**** Entries supplied
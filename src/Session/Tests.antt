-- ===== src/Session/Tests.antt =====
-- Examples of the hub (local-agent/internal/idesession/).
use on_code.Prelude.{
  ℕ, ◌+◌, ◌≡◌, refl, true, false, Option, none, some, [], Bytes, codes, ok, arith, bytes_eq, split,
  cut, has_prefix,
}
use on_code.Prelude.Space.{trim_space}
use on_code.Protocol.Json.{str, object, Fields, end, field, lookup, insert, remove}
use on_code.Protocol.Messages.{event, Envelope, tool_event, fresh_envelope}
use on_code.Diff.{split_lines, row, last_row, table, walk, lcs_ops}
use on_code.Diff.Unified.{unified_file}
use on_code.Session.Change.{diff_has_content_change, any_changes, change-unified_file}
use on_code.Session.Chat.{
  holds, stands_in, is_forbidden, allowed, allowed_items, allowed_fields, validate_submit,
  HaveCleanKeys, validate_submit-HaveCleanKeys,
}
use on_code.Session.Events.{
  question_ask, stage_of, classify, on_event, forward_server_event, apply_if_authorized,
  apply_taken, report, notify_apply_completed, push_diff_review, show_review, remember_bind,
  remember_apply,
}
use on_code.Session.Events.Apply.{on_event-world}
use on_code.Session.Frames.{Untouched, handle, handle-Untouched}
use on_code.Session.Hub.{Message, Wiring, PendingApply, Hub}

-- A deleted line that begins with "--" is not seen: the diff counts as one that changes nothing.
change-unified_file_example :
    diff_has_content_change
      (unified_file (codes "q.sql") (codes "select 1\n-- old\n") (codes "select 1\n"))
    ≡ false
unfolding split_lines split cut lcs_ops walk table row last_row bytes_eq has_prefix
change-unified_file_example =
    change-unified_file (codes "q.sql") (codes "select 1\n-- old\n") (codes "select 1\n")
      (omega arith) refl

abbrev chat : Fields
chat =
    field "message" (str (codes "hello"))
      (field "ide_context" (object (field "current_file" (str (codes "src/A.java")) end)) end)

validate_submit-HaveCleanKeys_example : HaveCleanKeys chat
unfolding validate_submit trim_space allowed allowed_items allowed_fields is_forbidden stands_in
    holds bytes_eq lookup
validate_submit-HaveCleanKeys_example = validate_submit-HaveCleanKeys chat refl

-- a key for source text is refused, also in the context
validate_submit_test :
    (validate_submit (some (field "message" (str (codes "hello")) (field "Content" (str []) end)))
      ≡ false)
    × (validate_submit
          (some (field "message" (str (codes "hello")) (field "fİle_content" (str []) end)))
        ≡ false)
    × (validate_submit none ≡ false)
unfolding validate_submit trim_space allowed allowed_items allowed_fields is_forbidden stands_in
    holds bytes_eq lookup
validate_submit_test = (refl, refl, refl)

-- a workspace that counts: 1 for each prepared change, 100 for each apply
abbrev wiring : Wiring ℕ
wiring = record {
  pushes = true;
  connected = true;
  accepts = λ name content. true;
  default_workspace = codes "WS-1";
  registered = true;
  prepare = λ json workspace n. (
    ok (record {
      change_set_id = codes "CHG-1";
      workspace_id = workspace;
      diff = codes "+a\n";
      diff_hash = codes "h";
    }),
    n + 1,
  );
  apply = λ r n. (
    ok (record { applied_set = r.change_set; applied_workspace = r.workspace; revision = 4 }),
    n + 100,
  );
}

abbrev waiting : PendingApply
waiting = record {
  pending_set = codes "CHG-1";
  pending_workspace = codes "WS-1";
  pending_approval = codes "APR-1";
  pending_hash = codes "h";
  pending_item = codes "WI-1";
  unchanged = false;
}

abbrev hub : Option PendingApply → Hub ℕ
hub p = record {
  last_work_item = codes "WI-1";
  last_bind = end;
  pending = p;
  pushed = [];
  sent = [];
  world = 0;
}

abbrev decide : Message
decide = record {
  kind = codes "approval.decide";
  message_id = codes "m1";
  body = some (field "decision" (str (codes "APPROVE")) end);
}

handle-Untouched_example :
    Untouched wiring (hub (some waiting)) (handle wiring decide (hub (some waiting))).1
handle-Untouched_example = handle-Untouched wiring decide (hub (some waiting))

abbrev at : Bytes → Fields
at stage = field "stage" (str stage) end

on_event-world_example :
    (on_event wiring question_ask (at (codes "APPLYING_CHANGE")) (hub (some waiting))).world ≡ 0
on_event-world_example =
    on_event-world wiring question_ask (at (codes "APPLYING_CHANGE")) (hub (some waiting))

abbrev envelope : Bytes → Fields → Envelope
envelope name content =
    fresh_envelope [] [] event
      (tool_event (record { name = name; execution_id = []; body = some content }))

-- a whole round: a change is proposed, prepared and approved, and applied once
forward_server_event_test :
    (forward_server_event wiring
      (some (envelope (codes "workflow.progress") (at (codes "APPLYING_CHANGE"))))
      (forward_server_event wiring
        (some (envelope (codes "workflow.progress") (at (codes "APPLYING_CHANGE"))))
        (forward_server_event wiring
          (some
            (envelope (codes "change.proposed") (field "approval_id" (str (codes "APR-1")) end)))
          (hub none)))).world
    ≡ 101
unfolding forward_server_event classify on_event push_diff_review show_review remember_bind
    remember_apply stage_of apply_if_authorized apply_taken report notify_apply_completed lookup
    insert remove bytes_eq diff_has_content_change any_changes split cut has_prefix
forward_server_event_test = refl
********
**** Entries supplied
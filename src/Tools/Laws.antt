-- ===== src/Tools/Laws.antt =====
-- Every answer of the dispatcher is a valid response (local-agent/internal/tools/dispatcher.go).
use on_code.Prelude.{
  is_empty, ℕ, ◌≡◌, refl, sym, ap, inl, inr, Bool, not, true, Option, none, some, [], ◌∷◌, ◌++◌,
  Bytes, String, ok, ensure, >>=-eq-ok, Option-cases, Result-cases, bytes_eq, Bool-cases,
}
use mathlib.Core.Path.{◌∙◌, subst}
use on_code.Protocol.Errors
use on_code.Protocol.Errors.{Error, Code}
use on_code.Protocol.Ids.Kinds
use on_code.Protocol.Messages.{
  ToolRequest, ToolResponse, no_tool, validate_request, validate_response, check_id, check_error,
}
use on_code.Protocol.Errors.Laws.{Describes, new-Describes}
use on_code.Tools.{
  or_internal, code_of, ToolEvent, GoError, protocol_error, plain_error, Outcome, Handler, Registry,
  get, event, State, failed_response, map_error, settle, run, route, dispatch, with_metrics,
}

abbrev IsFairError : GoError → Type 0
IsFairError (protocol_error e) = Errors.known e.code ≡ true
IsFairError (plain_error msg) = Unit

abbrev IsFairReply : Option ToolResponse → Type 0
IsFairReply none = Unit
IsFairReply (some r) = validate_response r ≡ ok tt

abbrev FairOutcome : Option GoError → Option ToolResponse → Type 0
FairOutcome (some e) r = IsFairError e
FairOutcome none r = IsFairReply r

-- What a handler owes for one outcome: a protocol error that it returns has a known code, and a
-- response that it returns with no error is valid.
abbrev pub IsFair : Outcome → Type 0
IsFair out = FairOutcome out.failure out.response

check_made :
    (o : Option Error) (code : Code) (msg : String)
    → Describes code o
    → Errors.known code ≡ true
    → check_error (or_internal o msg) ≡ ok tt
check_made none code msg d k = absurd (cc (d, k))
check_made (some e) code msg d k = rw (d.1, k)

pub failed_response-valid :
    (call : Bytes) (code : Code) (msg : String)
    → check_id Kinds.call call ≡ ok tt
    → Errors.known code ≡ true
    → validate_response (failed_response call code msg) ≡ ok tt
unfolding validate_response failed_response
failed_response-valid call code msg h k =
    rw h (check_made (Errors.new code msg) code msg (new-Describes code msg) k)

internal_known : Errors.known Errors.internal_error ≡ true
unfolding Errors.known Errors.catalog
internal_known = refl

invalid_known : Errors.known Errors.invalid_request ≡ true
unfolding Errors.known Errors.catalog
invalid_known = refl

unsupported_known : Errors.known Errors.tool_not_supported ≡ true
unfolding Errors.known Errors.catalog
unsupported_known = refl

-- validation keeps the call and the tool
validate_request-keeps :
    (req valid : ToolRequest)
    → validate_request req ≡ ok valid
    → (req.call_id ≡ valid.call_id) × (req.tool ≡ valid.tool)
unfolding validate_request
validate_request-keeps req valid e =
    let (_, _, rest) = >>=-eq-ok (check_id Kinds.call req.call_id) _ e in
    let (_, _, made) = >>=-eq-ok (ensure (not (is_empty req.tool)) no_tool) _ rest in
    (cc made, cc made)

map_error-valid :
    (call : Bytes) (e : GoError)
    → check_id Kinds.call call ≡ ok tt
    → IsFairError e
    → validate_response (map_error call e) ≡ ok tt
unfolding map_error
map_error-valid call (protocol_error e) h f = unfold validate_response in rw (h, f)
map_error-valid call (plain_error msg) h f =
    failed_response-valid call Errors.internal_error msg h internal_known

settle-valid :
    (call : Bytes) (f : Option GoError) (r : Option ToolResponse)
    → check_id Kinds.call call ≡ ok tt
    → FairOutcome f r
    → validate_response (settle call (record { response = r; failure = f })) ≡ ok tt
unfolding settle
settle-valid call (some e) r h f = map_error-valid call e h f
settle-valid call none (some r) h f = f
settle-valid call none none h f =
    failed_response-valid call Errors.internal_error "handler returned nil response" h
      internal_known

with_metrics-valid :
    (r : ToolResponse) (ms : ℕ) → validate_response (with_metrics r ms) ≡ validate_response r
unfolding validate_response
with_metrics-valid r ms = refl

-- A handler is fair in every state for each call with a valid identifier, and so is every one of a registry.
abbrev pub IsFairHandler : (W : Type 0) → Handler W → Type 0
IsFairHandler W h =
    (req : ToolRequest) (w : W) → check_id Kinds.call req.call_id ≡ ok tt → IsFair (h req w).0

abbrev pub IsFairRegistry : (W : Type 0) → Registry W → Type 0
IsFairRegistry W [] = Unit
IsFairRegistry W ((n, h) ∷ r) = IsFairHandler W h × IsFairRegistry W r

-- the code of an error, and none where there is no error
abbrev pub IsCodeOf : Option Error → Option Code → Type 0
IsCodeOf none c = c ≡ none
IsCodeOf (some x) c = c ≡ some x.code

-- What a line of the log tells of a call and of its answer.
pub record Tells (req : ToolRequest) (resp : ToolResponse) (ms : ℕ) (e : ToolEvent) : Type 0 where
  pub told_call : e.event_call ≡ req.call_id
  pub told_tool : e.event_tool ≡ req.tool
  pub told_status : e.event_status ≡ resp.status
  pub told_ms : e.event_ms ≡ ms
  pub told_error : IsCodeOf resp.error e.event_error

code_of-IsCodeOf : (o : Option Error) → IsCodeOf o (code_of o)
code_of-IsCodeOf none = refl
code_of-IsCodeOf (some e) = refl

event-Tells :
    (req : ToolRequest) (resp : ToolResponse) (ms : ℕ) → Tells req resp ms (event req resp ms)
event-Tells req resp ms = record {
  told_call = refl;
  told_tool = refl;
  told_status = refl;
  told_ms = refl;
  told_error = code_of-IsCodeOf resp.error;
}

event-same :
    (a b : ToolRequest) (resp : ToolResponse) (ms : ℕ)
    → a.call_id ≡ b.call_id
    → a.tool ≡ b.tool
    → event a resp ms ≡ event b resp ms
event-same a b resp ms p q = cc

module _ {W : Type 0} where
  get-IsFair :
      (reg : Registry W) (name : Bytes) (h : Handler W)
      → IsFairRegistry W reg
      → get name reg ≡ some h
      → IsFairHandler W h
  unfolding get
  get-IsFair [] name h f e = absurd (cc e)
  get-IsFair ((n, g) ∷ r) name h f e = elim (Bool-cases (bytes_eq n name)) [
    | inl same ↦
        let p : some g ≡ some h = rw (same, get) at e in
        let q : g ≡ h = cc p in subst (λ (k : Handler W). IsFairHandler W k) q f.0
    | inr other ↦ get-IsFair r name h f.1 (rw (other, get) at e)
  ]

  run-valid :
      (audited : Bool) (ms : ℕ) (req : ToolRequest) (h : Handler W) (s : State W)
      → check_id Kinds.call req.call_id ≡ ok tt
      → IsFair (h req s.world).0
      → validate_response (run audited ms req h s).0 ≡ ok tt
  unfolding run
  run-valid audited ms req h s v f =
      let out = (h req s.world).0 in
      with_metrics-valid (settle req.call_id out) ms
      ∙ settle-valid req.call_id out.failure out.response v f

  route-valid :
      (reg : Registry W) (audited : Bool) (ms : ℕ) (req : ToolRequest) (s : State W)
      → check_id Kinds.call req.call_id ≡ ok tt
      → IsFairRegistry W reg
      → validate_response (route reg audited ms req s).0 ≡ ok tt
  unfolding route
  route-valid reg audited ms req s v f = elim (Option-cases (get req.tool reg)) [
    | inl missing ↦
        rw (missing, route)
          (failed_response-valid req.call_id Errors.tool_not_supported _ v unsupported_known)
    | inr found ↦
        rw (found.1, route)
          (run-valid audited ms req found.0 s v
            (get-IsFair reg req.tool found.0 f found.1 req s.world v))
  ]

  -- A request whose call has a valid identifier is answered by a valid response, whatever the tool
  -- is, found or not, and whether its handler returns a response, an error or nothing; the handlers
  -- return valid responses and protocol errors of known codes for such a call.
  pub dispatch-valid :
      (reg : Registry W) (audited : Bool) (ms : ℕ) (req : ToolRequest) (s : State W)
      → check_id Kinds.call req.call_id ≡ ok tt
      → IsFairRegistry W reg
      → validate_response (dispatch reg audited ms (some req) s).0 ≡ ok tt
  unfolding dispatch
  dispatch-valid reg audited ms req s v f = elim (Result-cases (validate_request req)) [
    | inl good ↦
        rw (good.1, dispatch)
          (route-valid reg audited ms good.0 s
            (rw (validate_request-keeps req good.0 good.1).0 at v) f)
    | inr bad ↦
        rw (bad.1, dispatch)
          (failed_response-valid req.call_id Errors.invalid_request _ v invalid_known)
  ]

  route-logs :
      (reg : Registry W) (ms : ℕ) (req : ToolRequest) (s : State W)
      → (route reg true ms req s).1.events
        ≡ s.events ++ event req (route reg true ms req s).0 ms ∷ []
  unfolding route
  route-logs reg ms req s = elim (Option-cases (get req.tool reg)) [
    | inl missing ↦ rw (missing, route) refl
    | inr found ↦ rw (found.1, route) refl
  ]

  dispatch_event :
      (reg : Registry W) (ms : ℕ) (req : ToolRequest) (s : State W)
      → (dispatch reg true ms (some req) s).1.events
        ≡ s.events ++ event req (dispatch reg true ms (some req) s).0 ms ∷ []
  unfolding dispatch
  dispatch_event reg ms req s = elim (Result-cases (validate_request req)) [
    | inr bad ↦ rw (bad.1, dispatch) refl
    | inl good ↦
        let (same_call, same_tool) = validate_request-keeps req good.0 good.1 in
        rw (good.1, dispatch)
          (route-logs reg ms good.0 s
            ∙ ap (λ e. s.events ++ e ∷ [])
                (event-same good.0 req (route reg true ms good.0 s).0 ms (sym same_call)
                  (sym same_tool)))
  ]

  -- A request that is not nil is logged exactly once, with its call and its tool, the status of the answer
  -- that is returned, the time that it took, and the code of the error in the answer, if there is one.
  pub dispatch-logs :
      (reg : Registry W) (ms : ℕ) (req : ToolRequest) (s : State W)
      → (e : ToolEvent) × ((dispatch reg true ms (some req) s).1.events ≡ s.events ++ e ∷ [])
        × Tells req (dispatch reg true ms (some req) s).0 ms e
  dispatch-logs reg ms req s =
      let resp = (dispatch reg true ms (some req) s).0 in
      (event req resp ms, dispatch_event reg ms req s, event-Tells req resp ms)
********
**** Entries supplied
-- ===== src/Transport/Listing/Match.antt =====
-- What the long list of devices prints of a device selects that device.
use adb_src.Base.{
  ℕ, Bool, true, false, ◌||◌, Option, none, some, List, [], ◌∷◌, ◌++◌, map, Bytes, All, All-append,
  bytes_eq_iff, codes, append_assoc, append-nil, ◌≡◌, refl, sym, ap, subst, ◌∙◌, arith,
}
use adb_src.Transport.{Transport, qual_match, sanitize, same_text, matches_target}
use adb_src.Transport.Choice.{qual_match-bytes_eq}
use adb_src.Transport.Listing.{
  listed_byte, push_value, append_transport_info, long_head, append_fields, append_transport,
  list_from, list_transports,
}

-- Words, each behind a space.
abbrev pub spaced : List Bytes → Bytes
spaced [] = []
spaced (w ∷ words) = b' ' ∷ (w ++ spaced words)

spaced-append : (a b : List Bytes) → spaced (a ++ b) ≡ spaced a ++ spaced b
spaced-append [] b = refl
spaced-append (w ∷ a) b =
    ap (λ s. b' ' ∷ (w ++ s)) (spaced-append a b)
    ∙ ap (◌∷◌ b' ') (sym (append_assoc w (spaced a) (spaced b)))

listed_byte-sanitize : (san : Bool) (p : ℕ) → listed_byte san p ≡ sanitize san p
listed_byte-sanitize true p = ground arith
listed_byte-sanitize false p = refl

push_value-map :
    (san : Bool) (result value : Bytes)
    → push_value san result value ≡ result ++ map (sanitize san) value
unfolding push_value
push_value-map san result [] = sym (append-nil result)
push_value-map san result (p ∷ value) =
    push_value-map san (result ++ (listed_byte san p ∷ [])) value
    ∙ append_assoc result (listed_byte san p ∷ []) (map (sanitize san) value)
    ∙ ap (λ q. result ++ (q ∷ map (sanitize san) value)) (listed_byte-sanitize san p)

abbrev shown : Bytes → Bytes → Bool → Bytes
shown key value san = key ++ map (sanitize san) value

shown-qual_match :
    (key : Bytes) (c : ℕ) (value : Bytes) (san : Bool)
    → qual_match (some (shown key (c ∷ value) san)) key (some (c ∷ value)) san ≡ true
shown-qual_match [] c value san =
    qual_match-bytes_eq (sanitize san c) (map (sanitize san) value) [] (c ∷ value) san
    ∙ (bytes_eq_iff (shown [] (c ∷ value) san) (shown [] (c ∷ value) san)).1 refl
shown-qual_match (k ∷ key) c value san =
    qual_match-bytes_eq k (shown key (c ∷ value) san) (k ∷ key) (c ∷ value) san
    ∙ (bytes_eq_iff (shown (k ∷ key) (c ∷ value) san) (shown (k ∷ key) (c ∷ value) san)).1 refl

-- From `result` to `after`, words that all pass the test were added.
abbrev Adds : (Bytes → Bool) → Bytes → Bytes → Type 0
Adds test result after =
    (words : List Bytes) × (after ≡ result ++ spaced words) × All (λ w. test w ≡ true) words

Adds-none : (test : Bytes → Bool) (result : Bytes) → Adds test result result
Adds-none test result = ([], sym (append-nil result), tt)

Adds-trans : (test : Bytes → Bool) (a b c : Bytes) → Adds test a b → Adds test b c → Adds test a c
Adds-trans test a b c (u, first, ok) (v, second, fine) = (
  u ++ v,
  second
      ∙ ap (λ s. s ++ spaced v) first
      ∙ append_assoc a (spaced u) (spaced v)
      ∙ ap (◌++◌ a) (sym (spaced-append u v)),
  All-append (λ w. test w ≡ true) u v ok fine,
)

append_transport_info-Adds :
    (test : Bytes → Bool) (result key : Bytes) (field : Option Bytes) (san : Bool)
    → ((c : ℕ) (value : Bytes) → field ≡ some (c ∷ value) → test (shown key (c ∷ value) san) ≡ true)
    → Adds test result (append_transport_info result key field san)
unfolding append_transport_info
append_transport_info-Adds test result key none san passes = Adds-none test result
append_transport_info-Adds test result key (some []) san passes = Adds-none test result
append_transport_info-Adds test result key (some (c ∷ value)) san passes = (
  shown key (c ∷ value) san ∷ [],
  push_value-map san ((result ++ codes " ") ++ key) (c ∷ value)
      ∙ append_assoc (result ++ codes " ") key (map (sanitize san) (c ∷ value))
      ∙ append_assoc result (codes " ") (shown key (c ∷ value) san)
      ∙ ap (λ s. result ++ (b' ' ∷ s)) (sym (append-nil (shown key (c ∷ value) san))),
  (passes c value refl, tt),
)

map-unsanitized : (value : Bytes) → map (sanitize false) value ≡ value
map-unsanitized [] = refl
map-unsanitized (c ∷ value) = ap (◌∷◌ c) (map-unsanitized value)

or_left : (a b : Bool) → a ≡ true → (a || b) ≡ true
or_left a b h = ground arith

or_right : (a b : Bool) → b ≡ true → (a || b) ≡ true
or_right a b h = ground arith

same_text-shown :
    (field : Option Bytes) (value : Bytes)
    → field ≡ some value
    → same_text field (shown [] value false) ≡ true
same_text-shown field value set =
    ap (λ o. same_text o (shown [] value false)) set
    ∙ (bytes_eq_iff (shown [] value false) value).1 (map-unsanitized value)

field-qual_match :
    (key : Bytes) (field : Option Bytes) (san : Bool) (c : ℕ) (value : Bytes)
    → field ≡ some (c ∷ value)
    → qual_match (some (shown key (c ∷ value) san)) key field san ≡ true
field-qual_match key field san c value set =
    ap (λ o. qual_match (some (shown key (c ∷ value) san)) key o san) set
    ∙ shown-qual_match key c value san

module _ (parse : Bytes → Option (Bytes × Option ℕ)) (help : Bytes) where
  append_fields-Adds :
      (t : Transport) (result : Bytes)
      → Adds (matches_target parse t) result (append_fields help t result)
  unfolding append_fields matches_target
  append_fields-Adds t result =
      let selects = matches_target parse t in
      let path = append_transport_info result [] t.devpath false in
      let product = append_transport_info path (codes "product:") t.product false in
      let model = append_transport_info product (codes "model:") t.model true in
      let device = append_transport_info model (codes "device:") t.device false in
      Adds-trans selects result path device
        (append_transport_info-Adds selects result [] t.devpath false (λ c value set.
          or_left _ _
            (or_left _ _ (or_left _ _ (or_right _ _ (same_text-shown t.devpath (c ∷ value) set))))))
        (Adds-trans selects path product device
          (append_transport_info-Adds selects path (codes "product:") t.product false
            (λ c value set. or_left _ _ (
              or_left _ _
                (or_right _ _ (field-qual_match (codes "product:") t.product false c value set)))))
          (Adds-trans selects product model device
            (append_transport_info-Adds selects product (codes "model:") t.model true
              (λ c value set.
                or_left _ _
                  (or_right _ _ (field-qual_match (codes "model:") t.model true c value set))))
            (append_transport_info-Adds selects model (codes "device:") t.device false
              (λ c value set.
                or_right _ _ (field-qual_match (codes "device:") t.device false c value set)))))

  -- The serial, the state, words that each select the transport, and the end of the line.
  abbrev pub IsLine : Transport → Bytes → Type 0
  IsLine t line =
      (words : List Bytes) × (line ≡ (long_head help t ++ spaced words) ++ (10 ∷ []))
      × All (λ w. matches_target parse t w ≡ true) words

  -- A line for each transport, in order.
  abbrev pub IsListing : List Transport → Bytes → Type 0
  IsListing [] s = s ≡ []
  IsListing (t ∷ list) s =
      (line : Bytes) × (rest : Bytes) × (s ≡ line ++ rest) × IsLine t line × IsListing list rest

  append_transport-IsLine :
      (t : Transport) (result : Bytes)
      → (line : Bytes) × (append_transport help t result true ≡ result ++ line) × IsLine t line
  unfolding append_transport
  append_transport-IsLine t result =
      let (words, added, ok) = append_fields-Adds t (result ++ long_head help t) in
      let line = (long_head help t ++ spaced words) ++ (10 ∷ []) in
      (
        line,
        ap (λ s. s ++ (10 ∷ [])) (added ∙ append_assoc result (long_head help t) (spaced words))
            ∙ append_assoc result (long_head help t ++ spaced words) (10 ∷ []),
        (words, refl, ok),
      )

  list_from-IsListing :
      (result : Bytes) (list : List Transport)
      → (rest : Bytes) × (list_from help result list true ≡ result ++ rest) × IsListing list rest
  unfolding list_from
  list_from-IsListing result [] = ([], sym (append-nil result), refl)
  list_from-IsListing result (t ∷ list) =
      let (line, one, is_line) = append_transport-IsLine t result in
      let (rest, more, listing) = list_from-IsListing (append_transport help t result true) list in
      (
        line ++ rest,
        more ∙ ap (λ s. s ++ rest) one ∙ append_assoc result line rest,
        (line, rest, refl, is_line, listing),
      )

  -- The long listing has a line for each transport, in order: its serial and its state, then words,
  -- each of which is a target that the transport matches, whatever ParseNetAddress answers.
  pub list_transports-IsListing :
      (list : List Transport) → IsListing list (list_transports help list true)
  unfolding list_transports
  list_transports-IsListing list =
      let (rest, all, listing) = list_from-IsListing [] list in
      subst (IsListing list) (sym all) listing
********
■ What you should do ■
Output the lines above between the one holding "filename src/Session/Tests.antt" and the one holding "validate_submit-HaveCleanKeys_example : HaveCleanKeys", inclusive, with nothing before or after them.

■ Response for this exercise ■
filename src/Session/Tests.antt
-- ===== src/Session/Tests.antt =====
-- Examples of the hub (local-agent/internal/idesession/).
use on_code.Prelude.{
  ℕ, ◌+◌, ◌≡◌, refl, true, false, Option, none, some, [], Bytes, codes, ok, arith, bytes_eq, split,
  cut, has_prefix,
}
use on_code.Prelude.Space.{trim_space}
use on_code.Protocol.Json.{str, object, Fields, end, field, lookup, insert, remove}
use on_code.Protocol.Messages.{event, Envelope, tool_event, fresh_envelope}
use on_code.Diff.{split_lines, row, last_row, table, walk, lcs_ops}
use on_code.Diff.Unified.{unified_file}
use on_code.Session.Change.{diff_has_content_change, any_changes, change-unified_file}
use on_code.Session.Chat.{
  holds, stands_in, is_forbidden, allowed, allowed_items, allowed_fields, validate_submit,
  HaveCleanKeys, validate_submit-HaveCleanKeys,
}
use on_code.Session.Events.{
  question_ask, stage_of, classify, on_event, forward_server_event, apply_if_authorized,
  apply_taken, report, notify_apply_completed, push_diff_review, show_review, remember_bind,
  remember_apply,
}
use on_code.Session.Events.Apply.{on_event-world}
use on_code.Session.Frames.{Untouched, handle, handle-Untouched}
use on_code.Session.Hub.{Message, Wiring, PendingApply, Hub}

-- A deleted line that begins with "--" is not seen: the diff counts as one that changes nothing.
change-unified_file_example :
    diff_has_content_change
      (unified_file (codes "q.sql") (codes "select 1\n-- old\n") (codes "select 1\n"))
    ≡ false
unfolding split_lines split cut lcs_ops walk table row last_row bytes_eq has_prefix
change-unified_file_example =
    change-unified_file (codes "q.sql") (codes "select 1\n-- old\n") (codes "select 1\n")
      (omega arith) refl

abbrev chat : Fields
chat =
    field "message" (str (codes "hello"))
      (field "ide_context" (object (field "current_file" (str (codes "src/A.java")) end)) end)

validate_submit-HaveCleanKeys_example : HaveCleanKeys chat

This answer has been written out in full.